Association matrix of miR levels with functional gene sets under PS vs. ST. (A) Columns represent 394 functional gene sets, and rows represent flow-regulated miRs. Functional categories are positively (red bands), negatively (blue bands), or not (white bands) associated with miR expression profiles under PS vs. ST. The boxed region shows high associations between functional categories and miRs. The genes extracted from the functional gene sets in the box were used to perform the gene ontology analysis. (B) The −log (P values) of top 10 GO terms are plotted.

Fig. 4.

Antagomir against miR-23b attenuates the flow-induced EC growth arrest. (A) Flow cytometry for cells transfected with anti-miR negative control (Right), AM23b (Center), and AM27b (Left) in ST (Upper) vs. 24-h PS (Lower).

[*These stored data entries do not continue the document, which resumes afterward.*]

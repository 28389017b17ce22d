-- ===== src/FineGrained/Refinement.antt =====
-- Runs of one thread of cuckoo_filter/fine_grained_locked_filter.cpp, beside runs of
-- cuckoo_filter/seq_filter.cpp.
use lock_free_cuckoo_filter.Prelude.{
  ℕ, ◌%◌, ◌≡◌, refl, sym, ap, ◌∙◌, Bool, true, false, none, some, List, [], ◌∷◌, ◌==◌,
  if◌then◌else◌,
}
use lock_free_cuckoo_filter.Common.{num_items_per_entry, num_max_kicks}
use lock_free_cuckoo_filter.Hash.{Digest, jenkins_hash, md5_fingerprint}
use lock_free_cuckoo_filter.Sequential.{
  SequentialFilter, fill_loop, find_loop, clear_loop, kick_loop, insert_table, find_table,
  remove_table,
}
use lock_free_cuckoo_filter.Sequential
use lock_free_cuckoo_filter.Sequential.History
use lock_free_cuckoo_filter.Sequential.History.{Call, inserting, finding, removing}
use lock_free_cuckoo_filter.FineGrained.Program.{done, ◌>>=◌, with_lock}
use lock_free_cuckoo_filter.FineGrained.Memory.{FineGrainedFilter, num_mutexes, set_mutex, run}
use lock_free_cuckoo_filter.FineGrained.Methods.{
  find_slots_locked, get_next_hash_index, insert, find, remove, request, session,
}
use lock_free_cuckoo_filter.FineGrained.Alone.{
  IsFree, outcome, ends, run_after, fill_slots_locked-run, find_slots_locked-run,
  clear_slots_locked-run, with_lock-run, stage, stage-outcome, kick_rounds-kick_loop,
}

-- The same filter behind one mutex, which is free
abbrev pub behind_one_mutex : FineGrainedFilter → SequentialFilter
behind_one_mutex s = record {
  table_size = s.table_size;
  verbose = s.verbose;
  hash_table = s.hash_table;
  mtx = false;
}

insert-insert_table :
    (tid n : ℕ) (d : Digest) (rand : ℕ → ℕ) (key : List ℕ) (s : FineGrainedFilter)
    → IsFree s
    → run tid (insert n d rand key) s
      ≡ ends s (insert_table n rand (jenkins_hash key % n) (md5_fingerprint d key) s.hash_table)
unfolding insert insert_table get_next_hash_index Sequential.get_next_hash_index set_mutex
insert-insert_table tid n d rand key s free =
    let f = md5_fingerprint d key in
    let hash1 = jenkins_hash key % n in
    let hash2 = get_next_hash_index n hash1 f in
    let start = if rand 0 % 2 == 0 then hash1 else hash2 in
    stage-outcome tid (hash1 % num_mutexes) _ _ s _ _ free
      (λ x. fill_slots_locked-run tid num_items_per_entry 0 hash1 f _)
      (stage-outcome tid (hash2 % num_mutexes) _ _ s _ _ free
        (λ x. fill_slots_locked-run tid num_items_per_entry 0 hash2 f _)
        (kick_rounds-kick_loop tid n rand num_max_kicks 1 start f s free))

find-find_table :
    (tid n : ℕ) (d : Digest) (key : List ℕ) (s : FineGrainedFilter)
    → IsFree s
    → run tid (find n d key) s
      ≡ ends s
          (find_table n (jenkins_hash key % n) (md5_fingerprint d key) s.hash_table, s.hash_table)
unfolding find find_table get_next_hash_index Sequential.get_next_hash_index set_mutex
find-find_table tid n d key s free =
    let f = md5_fingerprint d key in
    let hash1 = jenkins_hash key % n in
    let hash2 = get_next_hash_index n hash1 f in
    let t = s.hash_table in
    let second =
      with_lock false (hash2 % num_mutexes) (find_slots_locked num_items_per_entry 0 hash2 f) in
    let there = find_loop num_items_per_entry 0 hash2 f t in
    let last : run tid second s ≡ ends s (there, t) =
      with_lock-run false tid (hash2 % num_mutexes) _ s there t free
        (λ x. find_slots_locked-run tid num_items_per_entry 0 hash2 f _) in
    stage false tid (hash1 % num_mutexes) _ second s (find_loop num_items_per_entry 0 hash1 f t, t)
      free (λ x. find_slots_locked-run tid num_items_per_entry 0 hash1 f _)
    ∙ elim (find_loop num_items_per_entry 0 hash1 f t)
        as (λ c.
          (if c then ends s (true, t) else run tid second s)
          ≡ ends s ((if c then true else there), t)) [ true ↦ refl | false ↦ last ]

remove-remove_table :
    (tid n : ℕ) (d : Digest) (key : List ℕ) (s : FineGrainedFilter)
    → IsFree s
    → run tid (remove n d key) s
      ≡ ends s (remove_table n (jenkins_hash key % n) (md5_fingerprint d key) s.hash_table)
unfolding remove remove_table get_next_hash_index Sequential.get_next_hash_index set_mutex
remove-remove_table tid n d key s free =
    let f = md5_fingerprint d key in
    let hash1 = jenkins_hash key % n in
    let hash2 = get_next_hash_index n hash1 f in
    let t = s.hash_table in
    let o = clear_loop num_items_per_entry 0 hash2 f t in
    stage-outcome tid (hash1 % num_mutexes) _ _ s _ _ free
      (λ x. clear_slots_locked-run tid num_items_per_entry 0 hash1 f _)
      (with_lock-run true tid (hash2 % num_mutexes) _ s (outcome o t).0 (outcome o t).1 free
          (λ x. clear_slots_locked-run tid num_items_per_entry 0 hash2 f _)
        ∙ elim o
            as (λ o.
              ends s (outcome o t)
              ≡ ends s (elim o [ some cleared ↦ (true, cleared) | none ↦ (false, t) ])) [
                | none ↦ refl
                | some cleared ↦ refl
              ])

-- A call of a thread that runs alone on a filter whose mutexes are free never waits. It gives the
-- answer that the sequential filter gives on the same table, and leaves the table that the sequential
-- filter leaves, with the mutexes free.
pub request-call :
    (tid : ℕ) (d : Digest) (c : Call) (s : FineGrainedFilter)
    → IsFree s
    → (answer : Bool) × (s' : FineGrainedFilter) × (run tid (request s.table_size d c) s
        ≡ some (answer, s'))
      × (History.call d c (behind_one_mutex s) ≡ some (answer, behind_one_mutex s'))
      × IsFree s'
      × (s'.table_size ≡ s.table_size)
unfolding request History.call Sequential.insert Sequential.find Sequential.remove Sequential.lock
    Sequential.unlock
request-call tid d (inserting rand key) s free =
    (_, _, insert-insert_table tid s.table_size d rand key s free, refl, free, refl)
request-call tid d (finding key) s free =
    (_, _, find-find_table tid s.table_size d key s free, refl, free, refl)
request-call tid d (removing key) s free =
    (_, _, remove-remove_table tid s.table_size d key s free, refl, free, refl)

-- Any calls of a thread that runs alone on a filter whose eight mutexes are free return, with the
-- answers that the filter behind one mutex gives to the same calls on the same table, with the same
-- last table, and with every mutex free.
pub session-run :
    (tid : ℕ) (d : Digest) (cs : List Call) (s : FineGrainedFilter)
    → IsFree s
    → (answers : List Bool) × (last : FineGrainedFilter) × (run tid (session s.table_size d cs) s
        ≡ some (answers, last))
      × (History.run d cs (behind_one_mutex s) ≡ some (answers, behind_one_mutex last))
      × IsFree last
unfolding session run History.run
session-run tid d [] s free = ([], s, refl, refl, free)
session-run tid d (c ∷ cs) s free =
    let n = s.table_size in
    let (answer, s', e, e', free', size) = request-call tid d c s free in
    let (answers, last, r, r', free'') = session-run tid d cs s' free' in
    let rest : run tid (session n d cs) s' ≡ some (answers, last) =
      ap (λ (k : ℕ). run tid (session k d cs) s') (sym size) ∙ r in
    (
      answer ∷ answers,
      last,
      run_after tid (request n d c) (λ a. session n d cs >>= λ xs. done (a ∷ xs)) s s' answer e
          ∙ run_after tid (session n d cs) (λ xs. done (answer ∷ xs)) s' last answers rest,
      rw (e', History.run) (rw (r', History.run) refl),
      free'',
    )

R1, R2, and R3 region gates denote cells in G1/G0, G2 + M, and S phases, respectively. (B) The bar graph summarized the percentage of cells in G1/G0, G2/M, and S phases under PS and ST with antagomir transfection. *,P < 0.05 in comparison with the corresponding data for negative AM transfection under static condition. #, P < 0.05 in comparison with the corresponding data for negative AM transfection under PS condition.

Fig. 5.

Effects of miR-23b and 27b on cell cycle proteins. HUVECs were transfected with Neg. AM, AM23b, and AM27b. Twenty-four-hour posttransfection, cells were subjected to PS or ST for 24 h. Western blot analysis of cell cycle regulatory proteins, including (A) phosphorylation levels of Rb protein and (B) E2F1 expressions on total cell extracts, were determined with antibodies against phospho-Rb (BD Biosciences), Rb, and E2F1 (Santa Cruz). Blots shown here are representative of three independent experiments with similar results. *, P < 0.05 in comparison with the corresponding data for neg. AM transfection under ST.

Fig. 6.

Schematic representation of the role of miR-23b in flow regulation of EC growth. PS increases the expression of miR-23b (bold), which alters Rb into a hypophosphorylated state to complex with E2F family proteins and suppress EC growth. The upregulation of miR-27b (gray letters) also decreased the expression of E2F1, which is not sufficient for cell growth arrest without modulating Rb status. Qin et al. (44) show that miR-19 (italics) regulates cyclin D1 expression to cause EC growth arrest in response to steady laminar flow, and this effect may also be mediated via Rb hypophosphorylation.